We spoke to QM students to find out what’s what in the realm of sexual health, and find out whether there’s a gap between the myths and realities of responsibility
Queen Mary ranked 5th in the University Sex League of 2014, according to a recent survey. The survey, undertaken by popular website Student Beans, suggested that the average QM student has around 7.93 sexual partners. Although I can’t name a single person I know who’s slept with 0.93 of a person, the research certainly raises some interesting questions concerning sexual activity at university.
We’re taught about ‘responsibility’ as soon as we begin sex education in school, but it feels like from there on out, the buck stops with females. A factsheet produced in 2011 by leading sexual health charity FPA, only detailed statistics on how many female teenagers attended a sexual health clinic of some kind, and what kinds of contraception females were using.
This is despite the fact that other FPA statistics show that males and females in the UK have their first sexual encounter, on average, at the age of 16. Are we really supposed to believe that teenage males are having sex from a similar age to teenage females, but just aren’t supposed to also be accessing those facilities available to them?

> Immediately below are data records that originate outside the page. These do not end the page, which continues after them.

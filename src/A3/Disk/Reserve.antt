-- ===== src/A3/Disk/Reserve.antt =====
-- a3/fs/inode.c: the sectors that a file is given, up to a length, and those that it gives back. The free map
-- of a3/fs/free-map.c, which is that of Pintos, is a parameter.
use mcgill_ecse_427_operatin.Prelude.{
  ℕ, zero, suc, ◌+◌, ◌-◌, ◌/◌, ◌%◌, Bool, true, false, not, ltb, ◌==◌, if◌then◌else◌, Option, none,
  some, Array, update,
}
use mcgill_ecse_427_operatin.Prelude.Int.{ℤ, pos, negsuc}
use mcgill_ecse_427_operatin.A3.Disk.Sectors.{Io, pure, stop, ◌>>=◌, ◌>>◌, Sectors}
use mcgill_ecse_427_operatin.A3.Disk.Inode.{
  Bytes, block_word, InodeDisk, div_round_up, bytes_to_sectors, min,
}

-- `free_map_allocate(1, &sector)` and `free_map_release(sector, 1)`.
pub record FreeMap (S : Type 0) : Type 0 where
  pub allocate : Io S (Option ℕ)
  pub release : ℕ → Io S (Unit {0})

abbrev pub zeros : Bytes
zeros i = 0

-- The byte of a number at a place, the low one at 0.
abbrev byte_of : ℕ → ℕ → ℕ
byte_of w zero = w % 256
byte_of w (suc zero) = w / 256 % 256
byte_of w (suc (suc zero)) = w / 65536 % 256
byte_of w (suc (suc (suc r))) = w / 16777216 % 256

-- The bytes of an array of words.
unfoldable pub words_block : Array ℕ → Bytes
words_block w i = byte_of (w (i / 4)) (i % 4)

abbrev pub get_or : Option ℕ → ℕ → ℕ
get_or none e = e
get_or (some s) e = s

module _ {S : Type 0} (io : Sectors S Bytes) (free_map : FreeMap S) where
  abbrev pub take_sector : ℕ → Option ℕ → Io S (Bool × ℕ)
  take_sector entry none = pure (false, entry)
  take_sector entry (some s) = do io.write s zeros; pure (true, s)

  -- An entry that is 0 has no sector yet.
  unfoldable pub reserve_entry : ℕ → Io S (Bool × ℕ)
  reserve_entry entry =
      if entry == 0 then free_map.allocate >>= take_sector entry else pure (true, entry)

  -- `n` rounds from the entry `i`, each for `unit` of the sectors that are left; also these are returned.
  unfoldable pub reserve_rounds :
      ℕ → ℕ → ℕ → ℕ → (ℕ → ℕ → Io S (Bool × ℕ)) → Array ℕ → Io S (Bool × Array ℕ × ℕ)
  reserve_rounds zero i num_sectors unit f blocks = pure (true, blocks, num_sectors)
  reserve_rounds (suc n) i num_sectors unit f blocks = do
    let subsize = min num_sectors unit
    (done, entry) ← f (blocks i) subsize
    if done
        then reserve_rounds n (i + 1) (num_sectors - subsize) unit f (update blocks i entry)
        else pure (false, update blocks i entry, num_sectors)

  -- The result of the allocation is not looked at: the entry stays 0 where it fails.
  unfoldable pub reserve_block : ℕ → Io S ℕ
  reserve_block entry =
      if entry == 0
      then (do s ← free_map.allocate; io.write (get_or s entry) zeros; pure (get_or s entry))
      else pure entry

  abbrev pub write_blocks : ℕ → Bool × Array ℕ × ℕ → Io S (Bool × ℕ)
  write_blocks entry (false, blocks, left) = pure (false, entry)
  write_blocks entry (true, blocks, left) =
      if left == 0 then (do io.write entry (words_block blocks); pure (true, entry)) else stop

  unfoldable pub inode_reserve_indirect : ℕ → ℕ → ℕ → Io S (Bool × ℕ)
  inode_reserve_indirect zero num_sectors entry = reserve_entry entry
  inode_reserve_indirect (suc level) num_sectors entry = do
    let unit = if level == 0 then 1 else 128
    entry' ← reserve_block entry
    b ← io.read entry'
    r ←
        reserve_rounds (div_round_up num_sectors unit) 0 num_sectors unit
          (λ e subsize. inode_reserve_indirect level subsize e) (block_word b)
    write_blocks entry' r

  -- The doubly indirect block, where `left` sectors are left.
  unfoldable pub reserve_doubly : InodeDisk → ℕ → Io S (Bool × InodeDisk)
  reserve_doubly d left = do
    let l = min left 16384
    (done, entry) ← inode_reserve_indirect 2 l d.doubly_indirect_block
    let d' = record d { doubly_indirect_block = entry }
    if not done then pure (false, d') else if left - l == 0 then pure (true, d') else stop

  unfoldable pub reserve_single : InodeDisk → ℕ → Io S (Bool × InodeDisk)
  reserve_single d left = do
    let l = min left 128
    (done, entry) ← inode_reserve_indirect 1 l d.indirect_block
    let d' = record d { indirect_block = entry }
    if not done
        then pure (false, d')
        else if left - l == 0
        then pure (true, d')
        else reserve_doubly d' (left - l)

  unfoldable pub inode_reserve : InodeDisk → ℤ → Io S (Bool × InodeDisk)
  inode_reserve d (negsuc length) = pure (false, d)
  inode_reserve d (pos length) = do
    let num_sectors = bytes_to_sectors length
    let l = min num_sectors 123
    (done, blocks, _) ← reserve_rounds l 0 l 1 (λ e subsize. reserve_entry e) d.direct_blocks
    let d' = record d { direct_blocks = blocks }
    if not done
        then pure (false, d')
        else if num_sectors - l == 0
        then pure (true, d')
        else reserve_single d' (num_sectors - l)

  -- `n` rounds from the entry `i`.
  unfoldable pub release_rounds : ℕ → ℕ → ℕ → ℕ → (ℕ → ℕ → Io S (Unit {0})) → Array ℕ → Io S ℕ
  release_rounds zero i num_sectors unit f blocks = pure num_sectors
  release_rounds (suc n) i num_sectors unit f blocks = do
    let subsize = min num_sectors unit
    f (blocks i) subsize
    release_rounds n (i + 1) (num_sectors - subsize) unit f blocks

  unfoldable pub inode_deallocate_indirect : ℕ → ℕ → ℕ → Io S (Unit {0})
  inode_deallocate_indirect zero num_sectors entry = free_map.release entry
  inode_deallocate_indirect (suc level) num_sectors entry = do
    let unit = if level == 0 then 1 else 128
    b ← io.read entry
    left ←
        release_rounds (div_round_up num_sectors unit) 0 num_sectors unit
          (λ e subsize. inode_deallocate_indirect level subsize e) (block_word b)
    if left == 0 then free_map.release entry else stop

  abbrev deallocate_if : ℕ → ℕ → ℕ → Io S (Unit {0})
  deallocate_if level l entry = if ltb 0 l then inode_deallocate_indirect level l entry else pure tt

  -- For a length that is not negative; more blocks than can be indexed fail the assertion.
  unfoldable pub deallocate_sectors : InodeDisk → ℕ → Io S Bool
  deallocate_sectors d num_sectors = do
    let l = min num_sectors 123
    _ ← release_rounds l 0 l 1 (λ e subsize. free_map.release e) d.direct_blocks
    let l' = min (num_sectors - l) 128
    deallocate_if 1 l' d.indirect_block
    let l'' = min (num_sectors - l - l') 16384
    deallocate_if 2 l'' d.doubly_indirect_block
    if num_sectors - l - l' - l'' == 0 then pure true else stop

  abbrev deallocate_length : InodeDisk → ℤ → Io S Bool
  deallocate_length d (negsuc length) = pure false
  deallocate_length d (pos length) = deallocate_sectors d (bytes_to_sectors length)

  unfoldable pub inode_deallocate : InodeDisk → Io S Bool
  inode_deallocate d = deallocate_length d d.length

So we decided to put these questions to the student body: Do males or females carry the weight of sexual responsibility in heterosexual relationships, regardless of long term relationships a one-night stands? Who do you think should hold responsibility for protecting against pregnancy? Do you think this is in the norm today?
There’s an assumption that men need not bother themselves too much with the nitty gritty of unplanned pregnancy or STI checks. One student who took the survey even commented:
“Bring me the male pill now please, let’s make those fuckers take hormonal medication for the rest of their lives”.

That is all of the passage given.